┌─ THE DATA
-- ===== src/Display/Write/Lines.antt =====
-- A text over a line of the display that has been cleared.
use ri_mms_linux.Prelude.{
  ℕ, zero, suc, ◌+◌, ◌≡◌, refl, ap, ◌∙◌, arith, List, [], ◌∷◌, ◌++◌, length, length-append,
  append_assoc, set-append, drop, replicate,
}
use ri_mms_linux.Log.Tags.{store_text}
use ri_mms_linux.Display.Gest.{clear_line}

-- A text and its zero over the rest of a line.

-- A text and its zero over the rest of a line.
store_text-over :
    (done rest text : List ℕ)
    → length rest ≡ length text + 1
    → store_text (done ++ rest) (length done) text ≡ done ++ (text ++ (0 ∷ []))
store_text-over done [] text same = absurd (omega arith)
store_text-over done (r ∷ []) [] same = set-append done r [] 0 ∙ append_assoc done (0 ∷ []) []
store_text-over done (r ∷ r' ∷ rest) [] same = absurd (omega arith)
store_text-over done (r ∷ rest) (c ∷ text) same =
    let longer : length done + 1 ≡ length (done ++ (c ∷ [])) =
      omega (arith, length-append done (c ∷ [])) in
    ap (λ cells. store_text cells (length done + 1) text) (set-append done r rest c)
    ∙ ap (λ n. store_text ((done ++ (c ∷ [])) ++ rest) n text) longer
    ∙ store_text-over (done ++ (c ∷ [])) rest text (omega arith)
    ∙ append_assoc done (c ∷ []) (text ++ (0 ∷ []))

drop-last : (n : ℕ) (line : List ℕ) (z : ℕ) → length line ≡ n → drop n (line ++ (z ∷ [])) ≡ z ∷ []
drop-last zero [] z same = refl
drop-last zero (c ∷ line) z same = absurd (omega arith)
drop-last (suc n) [] z same = absurd (omega arith)
drop-last (suc n) (c ∷ line) z same = drop-last n line z (omega arith)

pub store_text-clear_line :
    (line text : List ℕ)
    → length line ≡ 16
    → length text ≡ 16
    → store_text (clear_line (line ++ (0 ∷ []))) 0 text ≡ text ++ (0 ∷ [])
store_text-clear_line line text line_16 text_16 =
    ap (λ end. store_text (replicate 16 0 ++ end) 0 text) (drop-last 16 line 0 line_16)
    ∙ store_text-over [] (replicate 17 0) text (omega arith)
└─
| WORK TASK |
Gather each line of the records holding the string "done".

| REPLY TO THE TASK |
    (done rest text : List ℕ)
    → store_text (done ++ rest) (length done) text ≡ done ++ (text ++ (0 ∷ []))
store_text-over done [] text same = absurd (omega arith)
store_text-over done (r ∷ []) [] same = set-append done r [] 0 ∙ append_assoc done (0 ∷ []) []
store_text-over done (r ∷ r' ∷ rest) [] same = absurd (omega arith)
store_text-over done (r ∷ rest) (c ∷ text) same =
    let longer : length done + 1 ≡ length (done ++ (c ∷ [])) =
      omega (arith, length-append done (c ∷ [])) in
    ap (λ cells. store_text cells (length done + 1) text) (set-append done r rest c)
    ∙ ap (λ n. store_text ((done ++ (c ∷ [])) ++ rest) n text) longer
    ∙ store_text-over (done ++ (c ∷ [])) rest text (omega arith)
    ∙ append_assoc done (c ∷ []) (text ++ (0 ∷ []))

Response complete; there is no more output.